For the entries below, say how many lines include the word "false" and add nothing else.

Data for this task:
────────
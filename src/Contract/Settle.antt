-- ===== src/Contract/Settle.antt =====
-- Two numbers loaded and two written: what every name reads afterwards.
use icsa_artifact.Base.{◌≡◌, sym, ◌∙◌, ◌≢◌, arith, if◌then◌else◌}
use icsa_artifact.Base.Int.{ℤ, IsInt32}
use icsa_artifact.Text.{Text, text_eq, text_eq_ne, text_eq_refl}
use icsa_artifact.Text.Decimal.{to_string}
use icsa_artifact.Contract.{Map, put, ok, load_int}
use icsa_artifact.Contract.Number.{value, loaded, value-put, value-loaded}

module _ (get_value : Text → Text) where
  -- The map after both numbers are loaded.
  abbrev pub both : Text → Text → Map → Map
  both a b m = loaded get_value b (loaded get_value a m)

  pub load_value :
      (k : Text) (m : Map) {v : ℤ}
      → value get_value k m ≡ ok v
      → load_int get_value k m ≡ (ok v, loaded get_value k m)
  load_value k m h = ground arith

  pub load_second :
      (a b : Text) (m : Map) {y : ℤ}
      → value get_value b m ≡ ok y
      → load_int get_value b (loaded get_value a m) ≡ (ok y, both a b m)
  load_second a b m h = load_value b (loaded get_value a m) (value-loaded get_value a b m ∙ h)

  module _ (a b : Text) (m : Map) (x y : ℤ) (fits_x : IsInt32 x) (fits_y : IsInt32 y) where
    abbrev written : Map
    written = put b (to_string y) (put a (to_string x) (both a b m))

    value-written :
        (c : Text)
        → value get_value c written
          ≡ (if text_eq b c then ok y else if text_eq a c then ok x else value get_value c m)
    value-written c = rw (
      value-put get_value b c y (put a (to_string x) (both a b m)) fits_y,
      value-put get_value a c x (both a b m) fits_x,
      value-loaded get_value b c (loaded get_value a m),
      value-loaded get_value a c m,
    )

    pub value-written_second : value get_value b written ≡ ok y
    value-written_second = value-written b ∙ rw (text_eq_refl b)

    pub value-written_first : a ≢ b → value get_value a written ≡ ok x
    value-written_first ne = value-written a ∙ rw (text_eq_ne b a (λ e. ne (sym e)), text_eq_refl a)

    pub value-written_other :
        (c : Text) → c ≢ a → c ≢ b → value get_value c written ≡ value get_value c m
    value-written_other c ne_a ne_b =
        value-written c
        ∙ rw (text_eq_ne b c (λ e. ne_b (sym e)), text_eq_ne a c (λ e. ne_a (sym e)))
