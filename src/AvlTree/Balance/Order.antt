-- ===== src/AvlTree/Balance/Order.antt =====
-- Rotations and the walk to the root keep the order of the nodes.
use garbage.Prelude.{◌≡◌, refl, ◌∙◌, sym, ap, true, false, Bool, [], ◌∷◌, ◌++◌, append_assoc, arith}
use garbage.AvlTree.Nodes.{
  Tree, leaf, node, Parents, fill, plug, to_list, before_parents, after_parents, to_list-fill,
  to_list-plug,
}
use garbage.AvlTree.Balance.{
  recalculate_height_and_size_with_data_from_two_childs, right_rotate, left_rotate,
  check_and_restore_balance_of_level, restore_level, restore_levels,
  restore_height_size_and_balance_of_tree,
}

module _ {ℓ} {A : Type ℓ} where
  pub to_list-recalculate :
      (t : Tree A) → to_list (recalculate_height_and_size_with_data_from_two_childs t) ≡ to_list t
  unfolding recalculate_height_and_size_with_data_from_two_childs
  to_list-recalculate leaf = refl
  to_list-recalculate (node x h s l r) = refl

  pub to_list-right_rotate : (t : Tree A) (b : Bool) → to_list (right_rotate t b) ≡ to_list t
  unfolding right_rotate
  to_list-right_rotate leaf b = refl
  to_list-right_rotate (node x h s leaf r) b = refl
  to_list-right_rotate (node x h s (node px ph ps pl inner) r) true = simp append_assoc
  to_list-right_rotate (node x h s (node px ph ps pl inner) r) false = simp append_assoc

  pub to_list-left_rotate : (t : Tree A) (b : Bool) → to_list (left_rotate t b) ≡ to_list t
  unfolding left_rotate
  to_list-left_rotate leaf b = refl
  to_list-left_rotate (node x h s l leaf) b = refl
  to_list-left_rotate (node x h s l (node px ph ps inner pr)) true = simp append_assoc
  to_list-left_rotate (node x h s l (node px ph ps inner pr)) false = simp append_assoc

  to_list-check : (t : Tree A) → to_list (check_and_restore_balance_of_level t) ≡ to_list t
  unfolding check_and_restore_balance_of_level
  to_list-check leaf = refl
  to_list-check (node x h s l r) =
      ground (
        arith,
        to_list-right_rotate (node x h s l r) true,
        to_list-left_rotate (node x h s l r) true,
      )

  pub to_list-restore_level : (t : Tree A) → to_list (restore_level t) ≡ to_list t
  to_list-restore_level t = to_list-check _ ∙ to_list-recalculate t

  to_list-restore_levels :
      (t : Tree A) (fs : Parents A)
      → to_list (restore_levels t fs) ≡ before_parents fs ++ (to_list t ++ after_parents fs)
  unfolding restore_levels
  to_list-restore_levels t [] = to_list-restore_level t ∙ to_list-plug t []
  to_list-restore_levels t (f ∷ fs) =
      to_list-restore_levels (fill f (restore_level t)) fs
      ∙ (to_list-fill f (restore_level t) fs
          ∙ ap (λ u. before_parents (f ∷ fs) ++ (u ++ after_parents (f ∷ fs)))
              (to_list-restore_level t))

  -- Restoring heights, sizes and balance from a node up to the root keeps the in-order
  -- sequence of the nodes, whatever the caches held.
  pub to_list-restore :
      (t : Tree A) (fs : Parents A)
      → to_list (restore_height_size_and_balance_of_tree t fs) ≡ to_list (plug t fs)
  unfolding restore_height_size_and_balance_of_tree
  to_list-restore leaf fs = refl
  to_list-restore (node x h s l r) fs =
      to_list-restore_levels (node x h s l r) fs ∙ sym (to_list-plug (node x h s l r) fs)
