-- ===== src/AvlTree/Balance/Caches.antt =====
-- random_access_list.hpp: `_height` and `_size` of each node against the real height and node
-- count of its subtree, which `selfCheckIfConstructed` recomputes.
use garbage.Prelude.{
  ℕ, suc, ◌+◌, max, ◌≤◌, ◌<◌, ◌≡◌, ◌≢◌, ◌++◌, refl, ap, ◌∙◌, sym, true, [], ◌∷◌, arith, length,
  length-append, size_mod,
}
use garbage.AvlTree.Nodes.{
  Tree, leaf, node, Frame, left_of, right_of, Parents, fill, plug, to_list, before_parents,
  after_parents, to_list-plug,
}
use garbage.AvlTree.Balance.{
  size, height, recalculate_height_and_size_with_data_from_two_childs, right_rotate, left_rotate,
  check_and_restore_balance_of_level, restore_level, restore_levels,
  restore_height_size_and_balance_of_tree,
}
use garbage.AvlTree.Balance.Order.{to_list-restore_level}

module _ {ℓ} {A : Type ℓ} where
  -- `getAndCheckHeight`
  abbrev pub real_height : Tree A → ℕ
  real_height leaf = 0
  real_height (node x h s l r) = suc (max (real_height l) (real_height r))

  -- `getAndCheckSize`
  abbrev pub real_size : Tree A → ℕ
  real_size leaf = 0
  real_size (node x h s l r) = suc (real_size l + real_size r)

  -- Every node caches its real height and size.
  abbrev pub IsMeasured : Tree A → Type 0
  IsMeasured leaf = Unit
  IsMeasured (node x h s l r) =
      (h ≡ real_height (node x h s l r))
      × (s ≡ real_size (node x h s l r))
      × IsMeasured l
      × IsMeasured r

  -- The subtrees beside a path are measured. The parents' own caches may be stale.
  abbrev pub SidesMeasured : Parents A → Type 0
  SidesMeasured [] = Unit
  SidesMeasured (left_of x h s r ∷ fs) = IsMeasured r × SidesMeasured fs
  SidesMeasured (right_of x h s l ∷ fs) = IsMeasured l × SidesMeasured fs

  abbrev pub ChildrenMeasured : Tree A → Type 0
  ChildrenMeasured leaf = Unit
  ChildrenMeasured (node x h s l r) = IsMeasured l × IsMeasured r

  pub real_height-le : (t : Tree A) → real_height t ≤ real_size t
  real_height-le leaf = omega arith
  real_height-le (node x h s l r) = omega (arith, real_height-le l, real_height-le r)

  pub real_size-length : (t : Tree A) → real_size t ≡ length (to_list t)
  real_size-length leaf = refl
  real_size-length (node x h s l r) =
      omega
        (arith, real_size-length l, real_size-length r, length-append (to_list l) (x ∷ to_list r))

  pub size-eq : (t : Tree A) → IsMeasured t → size t ≡ real_size t
  unfolding size
  size-eq leaf m = refl
  size-eq (node x h s l r) m = m.1

  pub height-eq : (t : Tree A) → IsMeasured t → height t ≡ real_height t
  unfolding height
  height-eq leaf m = refl
  height-eq (node x h s l r) m = m.0

  pub IsMeasured-children : (t : Tree A) → IsMeasured t → ChildrenMeasured t
  IsMeasured-children leaf m = tt
  IsMeasured-children (node x h s l r) m = (m.2, m.3)

  recalculate-IsMeasured :
      (t : Tree A)
      → real_size t < size_mod
      → ChildrenMeasured t
      → IsMeasured (recalculate_height_and_size_with_data_from_two_childs t)
  unfolding recalculate_height_and_size_with_data_from_two_childs
  recalculate-IsMeasured leaf b m = tt
  recalculate-IsMeasured (node x h s l r) b m =
      let hl = height-eq l m.0 in
      let hr = height-eq r m.1 in
      let sl = size-eq l m.0 in
      let sr = size-eq r m.1 in
      let dl = real_height-le l in let dr = real_height-le r in (omega arith, omega arith, m.0, m.1)

  right_rotate-IsMeasured :
      (t : Tree A) → real_size t < size_mod → IsMeasured t → IsMeasured (right_rotate t true)
  unfolding right_rotate
  right_rotate-IsMeasured leaf b m = tt
  right_rotate-IsMeasured (node x h s leaf r) b m = m
  right_rotate-IsMeasured (node x h s (node px ph ps pl inner) r) b m =
      let low = node x h s inner r in
      recalculate-IsMeasured
        (node px ph ps pl (recalculate_height_and_size_with_data_from_two_childs low)) (omega arith)
        (m.2.2, recalculate-IsMeasured low (omega arith) (m.2.3, m.3))

  left_rotate-IsMeasured :
      (t : Tree A) → real_size t < size_mod → IsMeasured t → IsMeasured (left_rotate t true)
  unfolding left_rotate
  left_rotate-IsMeasured leaf b m = tt
  left_rotate-IsMeasured (node x h s l leaf) b m = m
  left_rotate-IsMeasured (node x h s l (node px ph ps inner pr)) b m =
      let low = node x h s l inner in
      recalculate-IsMeasured
        (node px ph ps (recalculate_height_and_size_with_data_from_two_childs low) pr) (omega arith)
        (recalculate-IsMeasured low (omega arith) (m.2, m.3.2), m.3.3)

  check-IsMeasured :
      (t : Tree A)
      → real_size t < size_mod
      → IsMeasured t
      → IsMeasured (check_and_restore_balance_of_level t)
  unfolding check_and_restore_balance_of_level
  check-IsMeasured leaf b m = tt
  check-IsMeasured (node x h s l r) b m = ground (
    arith,
    right_rotate-IsMeasured (node x h s l r) b m,
    left_rotate-IsMeasured (node x h s l r) b m,
  )

  -- A node count splits along the path.
  pub real_size-plug :
      (t : Tree A) (fs : Parents A)
      → real_size (plug t fs)
        ≡ length (before_parents fs) + (real_size t + length (after_parents fs))
  real_size-plug t fs = omega (
    arith,
    real_size-length (plug t fs),
    real_size-length t,
    ap length (to_list-plug t fs),
    length-append (before_parents fs) (to_list t ++ after_parents fs),
    length-append (to_list t) (after_parents fs),
  )

  real_size-restore_level : (t : Tree A) → real_size (restore_level t) ≡ real_size t
  real_size-restore_level t =
      real_size-length (restore_level t)
      ∙ (ap length (to_list-restore_level t) ∙ sym (real_size-length t))

  restore_level-IsMeasured :
      (t : Tree A) → real_size t < size_mod → ChildrenMeasured t → IsMeasured (restore_level t)
  unfolding recalculate_height_and_size_with_data_from_two_childs
  restore_level-IsMeasured leaf b m = check-IsMeasured leaf b tt
  restore_level-IsMeasured (node x h s l r) b m =
      check-IsMeasured _ b (recalculate-IsMeasured (node x h s l r) b m)

  fill-ChildrenMeasured :
      (f : Frame A) (fs : Parents A) (t : Tree A)
      → SidesMeasured (f ∷ fs)
      → IsMeasured t
      → ChildrenMeasured (fill f t) × SidesMeasured fs
  fill-ChildrenMeasured (left_of x h s r) fs t m k = ((k, m.0), m.1)
  fill-ChildrenMeasured (right_of x h s l) fs t m k = ((m.0, k), m.1)

  restore_levels-IsMeasured :
      (t : Tree A) (fs : Parents A)
      → real_size (plug t fs) < size_mod
      → ChildrenMeasured t
      → SidesMeasured fs
      → IsMeasured (restore_levels t fs)
  unfolding restore_levels
  restore_levels-IsMeasured t [] b m k = restore_level-IsMeasured t b m
  restore_levels-IsMeasured t (f ∷ fs) b m k =
      let level = restore_level t in
      let here : real_size t < size_mod = omega (arith, real_size-plug t (f ∷ fs)) in
      let up = fill-ChildrenMeasured f fs level k (restore_level-IsMeasured t here m) in
      let above : real_size (plug (fill f level) fs) < size_mod = omega (
        arith,
        real_size-plug t (f ∷ fs),
        real_size-plug level (f ∷ fs),
        real_size-restore_level t,
      ) in
      restore_levels-IsMeasured (fill f level) fs above up.0 up.1

  -- If the subtrees below and beside a path are measured, then so is the whole tree after the
  -- walk from the end of the path to the root.
  pub restore-IsMeasured :
      (t : Tree A) (fs : Parents A)
      → real_size (plug t fs) < size_mod
      → t ≢ leaf
      → ChildrenMeasured t
      → SidesMeasured fs
      → IsMeasured (restore_height_size_and_balance_of_tree t fs)
  unfolding restore_height_size_and_balance_of_tree
  restore-IsMeasured leaf fs b n m k = absurd (n refl)
  restore-IsMeasured (node x h s l r) fs b n m k =
      restore_levels-IsMeasured (node x h s l r) fs b m k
────────
Solution below:
3